Les données les plus récentes confirment une présence croissante de ce cancer au Maroc. Plus de 5.300 nouveaux cas sont enregistrés chaque année. Environ 2.900 décès lui sont liés. Le cancer colorectal représente près de 8 % de l’ensemble des cancers dans le Royaume.
Chez l’homme, il dépasse 9 % des cas. Chez la femme, il se situe autour de 7 à 8 %. Il occupe ainsi le troisième rang des cancers les plus fréquents, tous sexes confondus.
Un recours tardif aux soins
Dans la pratique, de nombreux patients arrivent à un stade avancé. Le Pr Kouhen évoque des situations où la maladie est déjà étendue au moment du diagnostic.
Plusieurs éléments se recoupent. Les troubles digestifs sont souvent perçus comme bénins. Certains symptômes, comme les saignements, restent peu évoqués en consultation. Le parcours vers le spécialiste prend du temps.
L’absence d’un programme national de dépistage organisé pèse également. Le repérage repose encore sur des initiatives individuelles ou sur des consultations motivées par des symptômes.
Le dépistage encore peu ancré
Les recommandations internationales situent le début du dépistage à 45 ans pour la population à risque moyen. En cas d’antécédents familiaux, il doit commencer plus tôt.
Au Maroc, ce repère reste peu intégré. Le test de dépistage n’est pas encore entré dans les habitudes. Beaucoup de patients ne consultent qu’après l’apparition de signes visibles.
Pour le Pr Kouhen, la question ne se limite pas à l’âge de début. Elle concerne aussi la manière dont la prévention s’inscrit dans le quotidien.
Une prise en charge qui évolue
Les approches thérapeutiques ont changé ces dernières années. La chirurgie reste centrale, mais elle s’intègre désormais dans des parcours plus structurés.

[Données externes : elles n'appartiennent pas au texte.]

-- ===== src/Content/Items.antt =====
-- Which featured auctions are on show under a tab, and where their live data come from.
use awa_platform.Prelude.{
  ℕ, String, ◌≡◌, refl, sym, ap, subst, ◌∙◌, Bool, false, ◌&&◌, ◌||◌, Option, none, some, List, [],
  ◌∷◌, arith, Bool-cases, inl, inr, ==_iff, ◌==◌,
}
use awa_platform.Prelude.Int.{ℤ}
use awa_platform.Prelude.Lists.{any, select, any-select}
use awa_platform.Models.Auction.{Auction}
use awa_platform.Content.{Sql, Lang, FeaturedAuction, PublicListing}
use awa_platform.Content.Featured.{
  FeaturedAuctionItemRead, agreeing, auction, vehicle_listing, item_of_vehicle, item_with,
  featured_auction_item_to_schema, is_on_show, and_item, items_of, in_tab,
  get_featured_auction_items,
}

abbrev pub holds_of : {A : Type 0} → (A → Bool) → Option A → Bool
holds_of p none = false
holds_of p (some a) = p a

some_inj : {A : Type 0} {a b : A} → some a ≡ some b → a ≡ b
some_inj h = cc

module _ (auctions : List Auction) (listings : List PublicListing) (lang : Lang) where
  -- The row has an active vehicle, and its item passes the test.
  abbrev pub shows : (FeaturedAuctionItemRead → Bool) → FeaturedAuction → Bool
  shows p row =
      is_on_show auctions listings lang (vehicle_listing auctions listings lang row)
      && holds_of p (featured_auction_item_to_schema auctions listings lang row)

  any-and_item :
      (p : FeaturedAuctionItemRead → Bool) (o : Option FeaturedAuctionItemRead)
      (items : List FeaturedAuctionItemRead)
      → any p (and_item auctions listings lang o items) ≡ (holds_of p o || any p items)
  any-and_item p none items = refl
  any-and_item p (some i) items = refl

  any-items_of :
      (p : FeaturedAuctionItemRead → Bool) (rows : List FeaturedAuction)
      → any p (items_of auctions listings lang rows) ≡ any (shows p) rows
  unfolding items_of
  any-items_of p [] = refl
  any-items_of p (row ∷ rows) = ground (
    arith,
    any-and_item p (featured_auction_item_to_schema auctions listings lang row)
        (items_of auctions listings lang rows),
    any-items_of p rows,
  )

  -- The items of a tab are exactly those of the active rows of its category that are linked to an
  -- active vehicle: any test on items is passed by one of the answer exactly if it is passed by the
  -- item of one of these rows.
  featured_items_exact :
      (sql : Sql) (key : String) (rows : List FeaturedAuction) (p : FeaturedAuctionItemRead → Bool)
      → any p (get_featured_auction_items sql auctions listings lang key rows)
        ≡ any (λ row. in_tab sql key row && shows p row) rows
  unfolding get_featured_auction_items
  featured_items_exact sql key rows p =
      any-items_of p (
        sql.order_by (λ (r : FeaturedAuction). r.sort_order ∷ r.created_at ∷ [])
          (select (in_tab sql key) rows))
      ∙ sql.any-order_by (shows p) (λ (r : FeaturedAuction). r.sort_order ∷ r.created_at ∷ [])
          (select (in_tab sql key) rows)
      ∙ any-select (shows p) (in_tab sql key) rows

  -- The auction whose live data an item shows: that of its row, for the row's own vehicle.
  pub data Live (row : FeaturedAuction) : Option String → Option ℤ → Type 0 where
    not_live : Live row none none
    live :
        (a : Auction)
        → auction auctions listings lang row ≡ some a
        → row.vehicle_listing_id ≡ some a.vehicle_id
        → Live row (some a.status) (some a.starting_price)

  Live-with :
      (row : FeaturedAuction) (vehicle : PublicListing) (o : Option Auction) (listing : Option ℕ)
      → auction auctions listings lang row ≡ o
      → row.vehicle_listing_id ≡ listing
      → let item = item_with auctions listings lang row vehicle (agreeing listing o) in
        Live row item.status item.starting_price
  unfolding agreeing
  Live-with row vehicle none listing e f = not_live
  Live-with row vehicle (some a) none e f = not_live
  Live-with row vehicle (some a) (some id) e f = elim (Bool-cases (a.vehicle_id == id)) [
    | inl i ↦ rw i (live a e (f ∙ ap some (sym ((==_iff a.vehicle_id id).0 i))))
    | inr i ↦ rw i not_live
  ]

  item-Live :
      (row : FeaturedAuction) (o : Option PublicListing) (item : FeaturedAuctionItemRead)
      → item_of_vehicle auctions listings lang row o ≡ some item
      → Live row item.status item.starting_price
  item-Live row none item h = absurd (cc)
  item-Live row (some vehicle) item h =
      subst (λ (i : FeaturedAuctionItemRead). Live row i.status i.starting_price) (some_inj h)
        (Live-with row vehicle (auction auctions listings lang row) row.vehicle_listing_id refl
          refl)

  -- An item shows a status and a starting price only from the auction that its row is linked to, and
  -- only if that auction is for the vehicle of the row.
  featured_item-Live :
      (row : FeaturedAuction) (item : FeaturedAuctionItemRead)
      → featured_auction_item_to_schema auctions listings lang row ≡ some item
      → Live row item.status item.starting_price
  unfolding featured_auction_item_to_schema
  featured_item-Live row item h = item-Live row (vehicle_listing auctions listings lang row) item h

Les traitements tiennent compte du profil tumoral. Les analyses moléculaires orientent les décisions. Certaines formes bénéficient de thérapies ciblées.

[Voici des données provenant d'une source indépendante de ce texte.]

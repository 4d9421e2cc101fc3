-- ===== src/Content/Sections.antt =====
-- services/content_service.py and api/v1/content.py: the other sections of the home page, and the
-- footer.
use awa_platform.Prelude.{ℕ, String, Option, none, some, List, [], ◌∷◌, map}
use awa_platform.Prelude.Int.{ℤ}
use awa_platform.Prelude.Lists.{select}
use awa_platform.Api.{Reply, reply, http_exception}
use awa_platform.Content.{
  Sql, Lang, or_none, pick, AuctionCategory, FeaturedAuction, HowItWorksStep, ValueAddedService,
  FooterSettings, FooterLink,
}
use awa_platform.Content.Featured.{FeaturedAuctionTabRead, get_featured_auction_tabs}

pub record AuctionCategoryRead : Type 0 where
  pub id : ℕ
  pub name : String
  pub slug : String
  pub icon_url : Option String
  pub link_url : String

pub record HowItWorksStepRead : Type 0 where
  pub id : ℕ
  pub step_number : ℤ
  pub title : String
  pub description : String
  pub icon_url : Option String

pub record ValueAddedServiceRead : Type 0 where
  pub id : ℕ
  pub name : String
  pub description : Option String
  pub icon_url : Option String
  pub link_url : String

pub record FooterLinkRead : Type 0 where
  pub id : ℕ
  pub section : String
  pub label : String
  pub url : String

pub record FooterRead : Type 0 where
  pub about_text : String
  pub copyright : String
  pub support_phone : Option String
  pub support_email : Option String
  pub facebook_url : Option String
  pub instagram_url : Option String
  pub youtube_url : Option String
  pub app_store_url : Option String
  pub google_play_url : Option String
  pub links : List FooterLinkRead

pub record HomeContentRead : Type 0 where
  pub auction_categories : List AuctionCategoryRead
  pub featured_auctions : List FeaturedAuctionTabRead
  pub how_it_works : List HowItWorksStepRead
  pub value_added_services : List ValueAddedServiceRead

-- The tables that the pages read.
pub record Site : Type 0 where
  pub auction_categories : List AuctionCategory
  pub featured_auctions : List FeaturedAuction
  pub how_it_works_steps : List HowItWorksStep
  pub value_added_services : List ValueAddedService
  pub footer_settings : List FooterSettings
  pub footer_links : List FooterLink

module _ (sql : Sql) (lang : Lang) where
  unfoldable pub get_auction_categories : List AuctionCategory → List AuctionCategoryRead
  get_auction_categories rows =
      map
        (λ (r : AuctionCategory). record {
          id = r.id;
          name = pick (some r.name_en) (some r.name_ar) lang;
          slug = r.slug;
          icon_url = r.icon_url;
          link_url = r.link_url;
        })
        (sql.order_by (λ (r : AuctionCategory). r.sort_order ∷ [])
          (select (λ (r : AuctionCategory). r.is_active) rows))

  unfoldable pub get_how_it_works : List HowItWorksStep → List HowItWorksStepRead
  get_how_it_works rows =
      map
        (λ (r : HowItWorksStep). record {
          id = r.id;
          step_number = r.step_number;
          title = pick (some r.title_en) (some r.title_ar) lang;
          description = pick (some r.description_en) (some r.description_ar) lang;
          icon_url = r.icon_url;
        })
        (sql.order_by (λ (r : HowItWorksStep). r.sort_order ∷ [])
          (select (λ (r : HowItWorksStep). r.is_active) rows))

  unfoldable pub get_value_added_services : List ValueAddedService → List ValueAddedServiceRead
  get_value_added_services rows =
      map
        (λ (r : ValueAddedService). record {
          id = r.id;
          name = pick (some r.name_en) (some r.name_ar) lang;
          description = or_none (pick r.description_en r.description_ar lang);
          icon_url = r.icon_url;
          link_url = r.link_url;
        })
        (sql.order_by (λ (r : ValueAddedService). r.sort_order ∷ [])
          (select (λ (r : ValueAddedService). r.is_active) rows))

  abbrev pub footer_link : FooterLink → FooterLinkRead
  footer_link r = record {
    id = r.id;
    section = r.section;
    label = pick (some r.label_en) (some r.label_ar) lang;
    url = r.url;
  }

  -- `select(FooterSettings).limit(1)`: a row of the table, or none.
  abbrev pub first_row : List FooterSettings → Option FooterSettings
  first_row [] = none
  first_row (row ∷ rows) = some row

  abbrev pub footer_with : Option FooterSettings → List FooterLink → Option FooterRead
  footer_with none links = none
  footer_with (some s) links = some (record {
    about_text = pick (some s.about_text_en) (some s.about_text_ar) lang;
    copyright = pick (some s.copyright_en) (some s.copyright_ar) lang;
    support_phone = s.support_phone;
    support_email = s.support_email;
    facebook_url = s.facebook_url;
    instagram_url = s.instagram_url;
    youtube_url = s.youtube_url;
    app_store_url = s.app_store_url;
    google_play_url = s.google_play_url;
    links = map footer_link (
        sql.order_by (λ (r : FooterLink). r.sort_order ∷ [])
          (select (λ (r : FooterLink). r.is_active) links));
  })

  unfoldable pub get_footer : List FooterSettings → List FooterLink → Option FooterRead
  get_footer settings links = footer_with (first_row settings) links

  -- The endpoint answers 404 without settings.
  abbrev pub found_footer : Option FooterRead → Reply FooterRead
  found_footer none = http_exception 404
  found_footer (some footer) = reply footer

  unfoldable pub footer_endpoint : Site → Reply FooterRead
  footer_endpoint site = found_footer (get_footer site.footer_settings site.footer_links)

  unfoldable pub get_home : Site → HomeContentRead
  get_home site = record {
    auction_categories = get_auction_categories site.auction_categories;
    featured_auctions = get_featured_auction_tabs sql lang site.featured_auctions;
    how_it_works = get_how_it_works site.how_it_works_steps;
    value_added_services = get_value_added_services site.value_added_services;
  }
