-- ===== src/Ip/Reassembly/Runs.antt =====
-- A packet through `Fragment` and `Add`, with the fragments in reverse order.
use gonet.Prelude.{ℕ, ◌+◌, ◌≡◌, refl, inl, inr, none, some, List, [], ◌∷◌, arith, length, ok, panic}
use gonet.Prelude.Net.{to4}
use gonet.Prelude.Rearranged.{Rearranges, keep, swap, further, Rearranges-refl}
use gonet.Ip.Header.{Header, IsValid, parse_header, read_fields, payload, header_len}
use gonet.Ip.Fragment.Example.{
  packet_header, packet, fragment_one, fragment_two, fragment_three, parsed, sum_run, fragment_run,
}
use gonet.Ip.Reassembly.Group.{
  FragmentGroup, Visit, new_group, whole_header, reassemble, seen_total, put_fragment, add_to_group,
  is_some, is_duplicate, complete_len,
}
use gonet.Ip.Reassembly.{
  FragmentKey, ReassemblyBuffer, same_fragment_key, four_bytes, fragment_key, is_fragment,
  new_reassembly_buffer, group_of, store_group, settle, add_with, add_fragment, add, add_all,
  cleanup,
}
use gonet.Ip.Reassembly.Rebuild.{IsOrder}
use gonet.Ip.Reassembly.Delivery.{delivered, add_all-fragment}
use gonet.Ip.Reassembly.Invariant.{Reached, fresh, added, Reached-IsSound}
use gonet.Ip.Reassembly.Sound.{IsSound}
use gonet.Ip.Reassembly.Evict.{IsStale, Without, cleanup_lem}
use gonet.Ip.Reassembly.Duplicates.{add_again}
use gonet.Ip.Reassembly.Panics.{reassemble_beyond}

abbrev empty : ReassemblyBuffer (List (List ℕ))
empty = record {
  groups = [];
  on_complete = λ whole world. whole ∷ world;
  stats = record { groups_active = 0; fragments_added = 0; reassembled = 0; evicted = 0 };
}

abbrev arrivals : List (ℕ × List ℕ)
arrivals = (5, fragment_three) ∷ (6, fragment_two) ∷ (8, fragment_one) ∷ []

abbrev visit : Visit
visit entries = entries

visit-IsOrder : IsOrder visit
visit-IsOrder entries = Rearranges-refl entries

reversed :
    Rearranges
      (fragment_one ∷ fragment_two ∷ fragment_three ∷ [])
      (fragment_three ∷ fragment_two ∷ fragment_one ∷ [])
reversed = further (keep fragment_one (swap fragment_two fragment_three)) (
    further (swap fragment_one fragment_three)
      (keep fragment_three (swap fragment_one fragment_two)))

add_all-fragment_example : add_all visit arrivals empty [] ≡ ok (delivered empty 3, packet ∷ [])
add_all-fragment_example =
    add_all-fragment empty [] visit packet packet_header 28
      (fragment_one ∷ fragment_two ∷ fragment_three ∷ []) arrivals visit-IsOrder (omega arith)
      parsed (omega arith) refl refl refl refl sum_run (omega arith) (omega arith) refl fragment_run
      reversed

abbrev key : FragmentKey
key = record { src = 10 ∷ 0 ∷ 0 ∷ 1 ∷ []; dst = 10 ∷ 0 ∷ 0 ∷ 2 ∷ []; id = 7; proto = 17 }

-- The buffer with the last fragment only.
abbrev waiting : ReassemblyBuffer (List (List ℕ))
waiting = record {
  groups =
      (
        key,
        record {
          fragments = (2, fragment_three) ∷ [];
          total_len = some 20;
          received = 4;
          created_at = 5;
        },
      )
      ∷ [];
  on_complete = empty.on_complete;
  stats = record { groups_active = 1; fragments_added = 1; reassembled = 0; evicted = 0 };
}

waits : add visit 5 fragment_three empty [] ≡ ok (waiting, [])
unfolding add parse_header is_fragment read_fields add_fragment settle complete_len add_to_group
    group_of seen_total payload store_group same_fragment_key fragment_key to4 add_with new_group
    put_fragment is_duplicate is_some four_bytes header_len
waits = refl

waiting-Reached : Reached empty.on_complete waiting
unfolding new_reassembly_buffer
waiting-Reached = added visit 5 fragment_three [] [] fresh waits

Reached-IsSound_example : IsSound waiting
Reached-IsSound_example = Reached-IsSound empty.on_complete waiting waiting-Reached

cleanup_lem_example :
    (let b = cleanup 40000000000 waiting in
      Without (IsStale 40000000000) waiting.groups b.groups
      × (b.stats.groups_active ≡ length b.groups)
      × (b.stats.evicted + length b.groups ≡ 0 + 1)
      × (b.stats.reassembled ≡ 0)
      × (b.stats.fragments_added ≡ 1))
cleanup_lem_example = cleanup_lem 40000000000 waiting refl

-- A fragment at offset 8000 stands in the group instead of the second one.
abbrev stray : FragmentGroup
stray = record {
  fragments = (0, fragment_one) ∷ (1000, fragment_two) ∷ (2, fragment_three) ∷ [];
  total_len = some 20;
  received = 20;
  created_at = 5;
}

abbrev first_header : Header
first_header = record packet_header { total_len = 28; flags = 1; checksum = 18120 }

first_parsed : parse_header fragment_one ≡ ok first_header
unfolding parse_header read_fields
first_parsed = refl

first-IsValid : IsValid (whole_header first_header 20)
unfolding whole_header header_len
first-IsValid = omega arith

reassemble_beyond_example : reassemble visit stray 20 ≡ panic
reassemble_beyond_example =
    reassemble_beyond visit stray 20 fragment_one first_header visit-IsOrder refl first_parsed
      first-IsValid (inr (inl (omega arith)))

-- The buffer with the first fragment only.
abbrev begun_group : FragmentGroup
begun_group = record {
  fragments = (0, fragment_one) ∷ [];
  total_len = none;
  received = 8;
  created_at = 5;
}

abbrev begun : ReassemblyBuffer (List (List ℕ))
begun = record {
  groups = (key, begun_group) ∷ [];
  on_complete = empty.on_complete;
  stats = record { groups_active = 1; fragments_added = 1; reassembled = 0; evicted = 0 };
}

begins : add visit 5 fragment_one empty [] ≡ ok (begun, [])
unfolding add parse_header is_fragment read_fields add_fragment settle complete_len add_to_group
    group_of seen_total payload store_group same_fragment_key fragment_key to4 add_with new_group
    put_fragment is_duplicate is_some four_bytes header_len
begins = refl

begun-Reached : Reached empty.on_complete begun
unfolding new_reassembly_buffer
begun-Reached = added visit 5 fragment_one [] [] fresh begins

add_again_example : add visit 9 fragment_one begun [] ≡ ok (begun, [])
unfolding same_fragment_key fragment_key to4 four_bytes
add_again_example =
    add_again empty.on_complete begun visit 9 fragment_one fragment_one first_header begun_group []
      begun-Reached first_parsed refl refl refl
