-- ===== src/Tcp.antt =====
-- internal/tcp: the state machine, the header with its options, checksums, the connection table.
pub mod State
pub mod Header
pub mod Checksum
pub mod Conn
pub mod ConnTable
pub mod Handshake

Les réunions de concertation pluridisciplinaire se sont généralisées. Elles permettent d’ajuster les stratégies en fonction de chaque situation.
Une organisation en mutation
Plusieurs structures renforcent leurs capacités en oncologie. Les équipements évoluent. Les équipes se spécialisent davantage.

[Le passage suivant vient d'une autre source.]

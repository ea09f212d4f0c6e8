-- ===== src/Tcp/Header.antt =====
-- internal/tcp/header.go: the TCP header, its options, `ParseHeader`, `ParseOptions`, `Marshal` and
-- the flags. `String` is not modelled. `panic` stands for a loop out of fuel as well as for a slice
-- bound out of range.
pub mod Options
pub mod RoundTrip
pub mod Oversize
pub mod Flags
mod Runs
use gonet.Prelude.{
  ℕ, zero, suc, ◌+◌, ◌-◌, ◌*◌, ◌/◌, ◌%◌, bit_and, bit_or, Bool, ◌||◌, List, [], ◌∷◌, ◌++◌, not,
  Result, ok, err, panic, ◌>>=◌, byte_at, slice, uint16_at, uint32_at, be16, be32, length, take,
  drop, ltb, ◌==◌, if◌then◌else◌, u8, shl, shr,
}

abbrev pub flag_fin : ℕ
flag_fin = 0x01

abbrev pub flag_syn : ℕ
flag_syn = 0x02

abbrev pub flag_rst : ℕ
flag_rst = 0x04

abbrev pub flag_psh : ℕ
flag_psh = 0x08

abbrev pub flag_ack : ℕ
flag_ack = 0x10

abbrev pub flag_urg : ℕ
flag_urg = 0x20

abbrev pub flag_ece : ℕ
flag_ece = 0x40

abbrev pub flag_cwr : ℕ
flag_cwr = 0x80

abbrev pub opt_end_of_list : ℕ
opt_end_of_list = 0

abbrev pub opt_nop : ℕ
opt_nop = 1

abbrev pub opt_mss : ℕ
opt_mss = 2

abbrev pub min_header_len : ℕ
min_header_len = 20

pub record TcpOption : Type 0 where
  pub kind : ℕ
  pub len : ℕ
  pub content : List ℕ

pub record Header : Type 0 where
  pub src_port : ℕ
  pub dst_port : ℕ
  pub seq_num : ℕ
  pub ack_num : ℕ
  pub data_offset : ℕ
  pub flags : ℕ
  pub window : ℕ
  pub checksum : ℕ
  pub urgent : ℕ
  pub options : List TcpOption

-- The last three are ErrMalformedOptions with what its text names.
pub data Error : Type 0 where
  header_too_short invalid_data_offset header_exceeds_packet : Error
  missing_length : ℕ → Error
  length_too_short length_exceeds : ℕ → ℕ → Error

-- What one round of the loop of `ParseOptions` finds at the front of the bytes left.
pub data Next : Type 0 where
  stop : Next
  fail : Error → Next
  -- A slice bound out of range.
  out_of_range : Next
  take_option : TcpOption → List ℕ → Next

-- `data[i+2 : i+int(length)]` and `i += int(length)`, on the bytes from `i` on: the slice needs its
-- bounds in order and inside the bytes.
unfoldable pub cut_option : ℕ → ℕ → List ℕ → Next
cut_option kind len bytes =
    if ltb len 2 || ltb (length bytes) len
    then out_of_range
    else take_option (record { kind = kind; len = len; content = slice bytes 2 len })
        (drop len bytes)

unfoldable pub sized_option : ℕ → List ℕ → Next
unfolding cut_option
sized_option kind [] = fail (missing_length kind)
sized_option kind (len ∷ body) =
    if ltb len 2
    then fail (length_too_short len kind)
    else if ltb (2 + length body) len
    then fail (length_exceeds len kind)
    else cut_option kind len (kind ∷ len ∷ body)

unfoldable pub next_option : List ℕ → Next
unfolding sized_option
next_option [] = stop
next_option (kind ∷ rest) =
    if kind == opt_end_of_list
    then stop
    else if kind == opt_nop
    then take_option (record { kind = kind; len = 0; content = [] }) rest
    else sized_option kind rest

-- The rest of the round: break, return an error, or append the option and go on.
abbrev pub after : Next → (List ℕ → Result Error (List TcpOption)) → Result Error (List TcpOption)
after stop loop = ok []
after (fail e) loop = err e
after out_of_range loop = panic
after (take_option opt rest) loop = loop rest >>= λ opts. ok (opt ∷ opts)

unfoldable pub options_loop : ℕ → List ℕ → Result Error (List TcpOption)
options_loop zero bytes = after (next_option bytes) (λ rest. panic)
options_loop (suc fuel) bytes = after (next_option bytes) (options_loop fuel)

-- Each round takes a byte at least, so the loop has as many rounds as bytes.
unfoldable pub parse_options : List ℕ → Result Error (List TcpOption)
unfolding options_loop
parse_options bytes = options_loop (length bytes) bytes

-- The header literal of `ParseHeader`, with its later assignments.
unfoldable pub read_fields : List ℕ → List TcpOption → Header
read_fields raw options = record {
  src_port = uint16_at raw 0;
  dst_port = uint16_at raw 2;
  seq_num = uint32_at raw 4;
  ack_num = uint32_at raw 8;
  data_offset = shr (byte_at raw 12) 4;
  flags = byte_at raw 13;
  window = uint16_at raw 14;
  checksum = uint16_at raw 16;
  urgent = uint16_at raw 18;
  options = options;
}

unfoldable pub parse_header : List ℕ → Result Error Header
parse_header raw =
    if ltb (length raw) min_header_len
    then err header_too_short
    else let data_offset = shr (byte_at raw 12) 4 in
      let header_len = data_offset * 4 in
      if ltb data_offset 5
      then err invalid_data_offset
      else if ltb (length raw) header_len
      then err header_exceeds_packet
      else if ltb min_header_len header_len
      then (parse_options (slice raw min_header_len header_len) >>= λ opts.
          ok (read_fields raw opts))
      else ok (read_fields raw [])

-- The loop of `Marshal` over the options.
unfoldable pub encode_options : List TcpOption → List ℕ
encode_options [] = []
encode_options (opt ∷ opts) =
    let rest = encode_options opts in
    if opt.kind == opt_end_of_list
    then opt_end_of_list ∷ []
    else if opt.kind == opt_nop
    then opt_nop ∷ rest
    else opt.kind ∷ opt.len ∷ opt.content ++ rest

-- `for (MinHeaderLen+len(optsBytes))%4 != 0`; three rounds are enough.
unfoldable pub pad_loop : ℕ → List ℕ → List ℕ
pad_loop zero bytes = bytes
pad_loop (suc fuel) bytes =
    let more = pad_loop fuel (bytes ++ (opt_end_of_list ∷ [])) in
    if (min_header_len + length bytes) % 4 == 0 then bytes else more

unfoldable pub padded_options : Header → List ℕ
unfolding pad_loop
padded_options h = pad_loop 3 (encode_options h.options)

-- `h.DataOffset = uint8(MinHeaderLen+len(optsBytes)) / 4`
unfoldable pub set_data_offset : Header → ℕ → Header
set_data_offset h opts_len = record h { data_offset = u8 (min_header_len + opts_len) / 4 }

-- The buffer of `Marshal`: its writes cover the first twenty bytes in this order, and the options
-- the rest.
unfoldable pub layout : Header → List ℕ → List ℕ
layout h opts_bytes =
    be16 h.src_port
    ++ (be16 h.dst_port
        ++ (be32 h.seq_num
            ++ (be32 h.ack_num
                ++ (u8 (shl h.data_offset 4) ∷ h.flags ∷ be16 h.window
                    ++ (be16 h.checksum ++ (be16 h.urgent ++ opts_bytes))))))

-- `Marshal` never fails; it returns the bytes and leaves the data offset in the header.
unfoldable pub marshal : Header → List ℕ × Header
unfolding set_data_offset
marshal h =
    let opts_bytes = padded_options h in
    let h' = set_data_offset h (length opts_bytes) in (layout h' opts_bytes, h')

unfoldable pub has_flag : Header → ℕ → Bool
has_flag h flag = not (bit_and h.flags flag == 0)

unfoldable pub set_flag : Header → ℕ → Header
set_flag h flag = record h { flags = bit_or h.flags flag }

unfoldable pub header_len : Header → ℕ
header_len h = h.data_offset * 4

Au sein de la Fondation Mohammed VI des Sciences et de la Santé (FM6SS), l’accent porte sur l’articulation entre soins, formation et recherche. L’idée consiste à améliorer la prise en charge tout en développant les compétences.
Mars Bleu, un rappel des réalités du terrain
Le cancer colorectal progresse au Maroc. Les chiffres le montrent. Les cliniciens décrivent des diagnostics encore tardifs.
Dans ce contexte, le dépistage reste un point de bascule. Plus il intervient tôt, plus les chances de traitement sont élevées.
À travers cet échange, le Pr Kouhen insiste sur la nécessité de consulter dès les premiers signes et de ne pas attendre l’aggravation des symptômes.